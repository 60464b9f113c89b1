-- ===== src/Kernel/Namespaces/Patched.antt =====
-- kernel/namespaces.py: `resolve` of a patched store.
use data_py_os.Base.{ℕ, zero, suc, ◌≡◌, refl, ap, Bool, not, Option, none, some, [], ◌∷◌}
use data_py_os.Base.Eq.{text_eq, Text}
use data_py_os.Base.Result.{Result, err}
use data_py_os.Store.Sos.Types.{Sos, recursion_error}
use data_py_os.Store.Sos.Files.{Action, ◌>>=◌, pure}
use data_py_os.Kernel.Namespaces.{
  BindMode, Namespace, is_first, truthy, mapped, or_next, try_path, through, resolve, plain_resolve,
  patched_resolve,
}

-- An action that runs out of Python's stack and changes nothing.
abbrev Overflows : {Value : Type 0} → Action Value → Type 0
Overflows m = (s : Sos) → m s ≡ (err recursion_error, s)

overflow_then :
    (m : Action (Option Text)) (f : Option Text → Action (Option Text))
    → Overflows m
    → Overflows (m >>= f)
overflow_then m f o s = ap (λ (z : Result _ (Option Text) × Sos). ((λ _. z) >>= f) s) (o s)

overflow_try :
    (m : Text → Action (Option Text)) (c : Option Text) (next : Action (Option Text))
    → ((p : Text) → Overflows (m p))
    → Overflows next
    → Overflows (try_path m c next)
overflow_try m none next o n = n
overflow_try m (some path) next o n =
    overflow_then (m path) (λ oid. or_next (truthy oid) next) (o path)

overflow_through :
    (m : Text → Action (Option Text)) (pass : BindMode → Bool) (path : Text) (binds : Namespace)
    (next : Action (Option Text))
    → ((p : Text) → Overflows (m p))
    → Overflows next
    → Overflows (through m pass path binds next)
unfolding through
overflow_through m pass path [] next o n = n
overflow_through m pass path (b ∷ binds) next o n =
    overflow_try m (mapped pass path b) (through m pass path binds next) o
      (overflow_through m pass path binds next o n)

overflow_resolve :
    (m : Text → Action (Option Text)) (path : Text) (binds : Namespace)
    → ((p : Text) → Overflows (m p))
    → Overflows (resolve m path binds)
unfolding resolve
overflow_resolve m path binds o =
    overflow_through m is_first path binds
      (try_path m (some path) (through m (λ x. not (is_first x)) path binds (pure none))) o
      (overflow_then (m path)
        (λ oid. or_next (truthy oid) (through m (λ x. not (is_first x)) path binds (pure none)))
        (o path))

-- Whatever the bindings, the path, the store and the depth of the stack: once the store is patched,
-- `resolve` calls itself until the stack is used up and raises RecursionError.
pub patched_resolve_raises :
    (depth : ℕ) (binds : Namespace) (path : Text) (s : Sos)
    → patched_resolve depth binds path s ≡ (err recursion_error, s)
unfolding patched_resolve
patched_resolve_raises zero binds path s = refl
patched_resolve_raises (suc depth) binds path s =
    overflow_then (resolve (patched_resolve depth binds) path binds)
      (λ oid. or_next (truthy oid) (plain_resolve path))
      (overflow_resolve (patched_resolve depth binds) path binds
        (λ p t. patched_resolve_raises depth binds p t))
      s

────────────────────

§ Task item:
The lines from the one holding "(overflow_then (m path)" to the end of the entries are to be repeated exactly, with both ends included and nothing else.

§ Reply:
      (overflow_then (m path)
        (λ oid. or_next (truthy oid) (through m (λ x. not (is_first x)) path binds (pure none)))
        (o path))

-- Whatever the bindings, the path, the store and the depth of the stack: once the store is patched,
-- `resolve` calls itself until the stack is used up and raises RecursionError.
pub patched_resolve_raises :
    (depth : ℕ) (binds : Namespace) (path : Text) (s : Sos)
    → patched_resolve depth binds path s ≡ (err recursion_error, s)
unfolding patched_resolve
patched_resolve_raises zero binds path s = refl
patched_resolve_raises (suc depth) binds path s =
    overflow_then (resolve (patched_resolve depth binds) path binds)
      (λ oid. or_next (truthy oid) (plain_resolve path))
      (overflow_resolve (patched_resolve depth binds) path binds
        (λ p t. patched_resolve_raises depth binds p t))
      s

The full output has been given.